TO DO: Repeat exactly, and only, the lines below starting at the line that contains "t.backend_retries first ≡ 0)" and ending at the line that contains "-- integrations/oopz/voice_lease.py: the", inclusive of both.

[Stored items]
——

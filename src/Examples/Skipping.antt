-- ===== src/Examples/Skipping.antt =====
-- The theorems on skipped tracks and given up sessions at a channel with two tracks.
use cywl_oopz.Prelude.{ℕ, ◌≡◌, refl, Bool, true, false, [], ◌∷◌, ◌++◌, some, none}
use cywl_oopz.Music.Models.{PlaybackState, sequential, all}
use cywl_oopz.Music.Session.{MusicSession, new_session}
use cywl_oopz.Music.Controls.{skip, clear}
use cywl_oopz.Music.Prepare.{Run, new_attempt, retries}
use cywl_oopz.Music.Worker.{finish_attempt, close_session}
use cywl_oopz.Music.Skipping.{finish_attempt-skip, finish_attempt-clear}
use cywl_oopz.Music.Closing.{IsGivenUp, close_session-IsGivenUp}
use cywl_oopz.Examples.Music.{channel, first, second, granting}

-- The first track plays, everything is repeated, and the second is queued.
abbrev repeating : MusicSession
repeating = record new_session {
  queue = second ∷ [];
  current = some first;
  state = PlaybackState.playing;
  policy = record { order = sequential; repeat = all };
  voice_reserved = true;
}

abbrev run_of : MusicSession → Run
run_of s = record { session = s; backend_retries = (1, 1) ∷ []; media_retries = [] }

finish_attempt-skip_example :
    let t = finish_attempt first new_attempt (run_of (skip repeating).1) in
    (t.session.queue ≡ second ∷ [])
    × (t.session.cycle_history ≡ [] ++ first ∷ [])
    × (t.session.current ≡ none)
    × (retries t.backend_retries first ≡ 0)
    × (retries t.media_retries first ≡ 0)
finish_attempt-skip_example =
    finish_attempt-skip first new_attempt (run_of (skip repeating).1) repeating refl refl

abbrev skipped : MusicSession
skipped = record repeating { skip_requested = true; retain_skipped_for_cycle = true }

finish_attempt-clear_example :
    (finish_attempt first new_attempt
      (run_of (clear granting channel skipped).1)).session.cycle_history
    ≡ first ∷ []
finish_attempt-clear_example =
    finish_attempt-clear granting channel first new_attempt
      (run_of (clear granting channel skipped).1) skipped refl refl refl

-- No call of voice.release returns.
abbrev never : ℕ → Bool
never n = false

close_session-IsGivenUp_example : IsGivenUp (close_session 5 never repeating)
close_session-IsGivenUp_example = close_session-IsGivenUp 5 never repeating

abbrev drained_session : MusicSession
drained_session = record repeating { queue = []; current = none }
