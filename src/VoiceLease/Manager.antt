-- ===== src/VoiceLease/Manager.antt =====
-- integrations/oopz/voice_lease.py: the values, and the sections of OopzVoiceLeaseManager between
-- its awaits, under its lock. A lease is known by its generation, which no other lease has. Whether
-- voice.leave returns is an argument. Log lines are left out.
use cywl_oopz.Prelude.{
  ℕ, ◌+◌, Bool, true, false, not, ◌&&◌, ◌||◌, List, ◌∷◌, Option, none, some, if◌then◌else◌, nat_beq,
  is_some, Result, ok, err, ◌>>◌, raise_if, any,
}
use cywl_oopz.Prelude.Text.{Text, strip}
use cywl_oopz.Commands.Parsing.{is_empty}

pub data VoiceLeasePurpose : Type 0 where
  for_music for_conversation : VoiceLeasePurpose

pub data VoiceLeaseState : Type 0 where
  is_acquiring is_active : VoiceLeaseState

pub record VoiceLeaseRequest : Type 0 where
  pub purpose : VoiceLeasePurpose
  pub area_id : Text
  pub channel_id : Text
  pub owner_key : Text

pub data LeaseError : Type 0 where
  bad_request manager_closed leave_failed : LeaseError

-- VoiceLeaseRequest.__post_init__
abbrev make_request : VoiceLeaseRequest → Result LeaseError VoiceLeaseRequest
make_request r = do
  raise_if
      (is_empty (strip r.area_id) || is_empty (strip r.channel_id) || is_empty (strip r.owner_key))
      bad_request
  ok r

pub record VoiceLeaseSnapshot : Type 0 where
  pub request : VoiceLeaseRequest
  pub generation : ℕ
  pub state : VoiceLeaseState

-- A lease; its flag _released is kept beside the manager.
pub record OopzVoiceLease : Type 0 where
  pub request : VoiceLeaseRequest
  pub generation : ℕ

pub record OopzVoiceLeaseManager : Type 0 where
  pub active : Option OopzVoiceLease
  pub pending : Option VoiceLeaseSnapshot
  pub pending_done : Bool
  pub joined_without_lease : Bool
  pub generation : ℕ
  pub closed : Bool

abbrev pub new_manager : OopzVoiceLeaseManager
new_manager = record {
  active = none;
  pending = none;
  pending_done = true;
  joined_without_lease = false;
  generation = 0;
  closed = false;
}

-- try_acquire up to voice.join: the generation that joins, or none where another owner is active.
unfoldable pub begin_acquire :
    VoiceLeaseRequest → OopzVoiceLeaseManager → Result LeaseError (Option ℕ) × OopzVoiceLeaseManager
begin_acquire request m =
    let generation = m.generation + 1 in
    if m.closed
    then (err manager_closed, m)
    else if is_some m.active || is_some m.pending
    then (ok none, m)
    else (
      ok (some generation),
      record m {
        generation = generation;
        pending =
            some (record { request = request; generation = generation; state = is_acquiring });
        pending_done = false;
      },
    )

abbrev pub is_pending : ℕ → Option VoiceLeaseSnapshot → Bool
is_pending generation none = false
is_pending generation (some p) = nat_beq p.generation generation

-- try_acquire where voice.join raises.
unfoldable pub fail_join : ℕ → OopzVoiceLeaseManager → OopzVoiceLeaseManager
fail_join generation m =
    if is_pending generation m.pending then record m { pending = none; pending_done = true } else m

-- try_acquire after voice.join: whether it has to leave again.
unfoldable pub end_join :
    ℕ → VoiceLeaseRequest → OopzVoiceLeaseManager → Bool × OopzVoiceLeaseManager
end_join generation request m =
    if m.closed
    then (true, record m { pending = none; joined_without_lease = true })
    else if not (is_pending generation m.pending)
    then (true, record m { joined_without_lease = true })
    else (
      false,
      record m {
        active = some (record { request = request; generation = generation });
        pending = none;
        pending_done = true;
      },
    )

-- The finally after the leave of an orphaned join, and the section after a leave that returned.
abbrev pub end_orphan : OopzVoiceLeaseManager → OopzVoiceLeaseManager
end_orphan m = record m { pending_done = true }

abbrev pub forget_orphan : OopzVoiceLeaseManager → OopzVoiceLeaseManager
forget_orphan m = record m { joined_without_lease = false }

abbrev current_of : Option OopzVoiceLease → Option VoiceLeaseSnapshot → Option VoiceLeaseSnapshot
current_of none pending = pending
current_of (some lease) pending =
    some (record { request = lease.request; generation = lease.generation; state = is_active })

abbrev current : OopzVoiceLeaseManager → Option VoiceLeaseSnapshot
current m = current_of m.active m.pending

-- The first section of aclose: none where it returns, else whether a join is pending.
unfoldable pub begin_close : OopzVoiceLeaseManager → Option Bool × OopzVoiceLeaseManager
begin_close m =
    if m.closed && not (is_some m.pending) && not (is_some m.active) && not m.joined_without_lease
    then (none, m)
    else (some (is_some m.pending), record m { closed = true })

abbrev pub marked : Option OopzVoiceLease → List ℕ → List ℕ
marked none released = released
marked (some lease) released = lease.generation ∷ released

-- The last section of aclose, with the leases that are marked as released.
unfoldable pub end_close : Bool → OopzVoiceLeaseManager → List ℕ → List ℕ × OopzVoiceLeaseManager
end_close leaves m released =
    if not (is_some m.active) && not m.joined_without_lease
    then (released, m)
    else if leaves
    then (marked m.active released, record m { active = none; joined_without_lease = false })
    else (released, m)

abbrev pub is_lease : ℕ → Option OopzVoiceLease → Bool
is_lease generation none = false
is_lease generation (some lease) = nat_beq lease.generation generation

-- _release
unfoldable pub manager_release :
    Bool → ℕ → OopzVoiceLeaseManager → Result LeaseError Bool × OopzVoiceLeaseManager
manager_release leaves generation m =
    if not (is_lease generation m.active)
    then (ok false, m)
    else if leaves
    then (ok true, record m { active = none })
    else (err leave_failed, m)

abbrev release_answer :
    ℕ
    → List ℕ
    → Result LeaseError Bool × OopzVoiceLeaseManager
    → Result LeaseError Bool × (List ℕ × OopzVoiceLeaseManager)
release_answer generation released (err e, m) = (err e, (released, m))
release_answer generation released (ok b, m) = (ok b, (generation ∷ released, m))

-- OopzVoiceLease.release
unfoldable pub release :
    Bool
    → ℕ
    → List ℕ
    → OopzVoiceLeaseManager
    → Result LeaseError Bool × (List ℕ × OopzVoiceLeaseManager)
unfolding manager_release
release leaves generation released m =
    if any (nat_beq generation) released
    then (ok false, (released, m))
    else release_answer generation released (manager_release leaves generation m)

——

TASK RESPONSE:
    × (retries t.backend_retries first ≡ 0)
    × (retries t.media_retries first ≡ 0)
finish_attempt-skip_example =
    finish_attempt-skip first new_attempt (run_of (skip repeating).1) repeating refl refl

abbrev skipped : MusicSession
skipped = record repeating { skip_requested = true; retain_skipped_for_cycle = true }

finish_attempt-clear_example :
    (finish_attempt first new_attempt
      (run_of (clear granting channel skipped).1)).session.cycle_history
    ≡ first ∷ []
finish_attempt-clear_example =
    finish_attempt-clear granting channel first new_attempt
      (run_of (clear granting channel skipped).1) skipped refl refl refl

-- No call of voice.release returns.
abbrev never : ℕ → Bool
never n = false

close_session-IsGivenUp_example : IsGivenUp (close_session 5 never repeating)
close_session-IsGivenUp_example = close_session-IsGivenUp 5 never repeating

abbrev drained_session : MusicSession
drained_session = record repeating { queue = []; current = none }
filename src/VoiceLease/Manager.antt
-- ===== src/VoiceLease/Manager.antt =====
-- integrations/oopz/voice_lease.py: the values, and the sections of OopzVoiceLeaseManager between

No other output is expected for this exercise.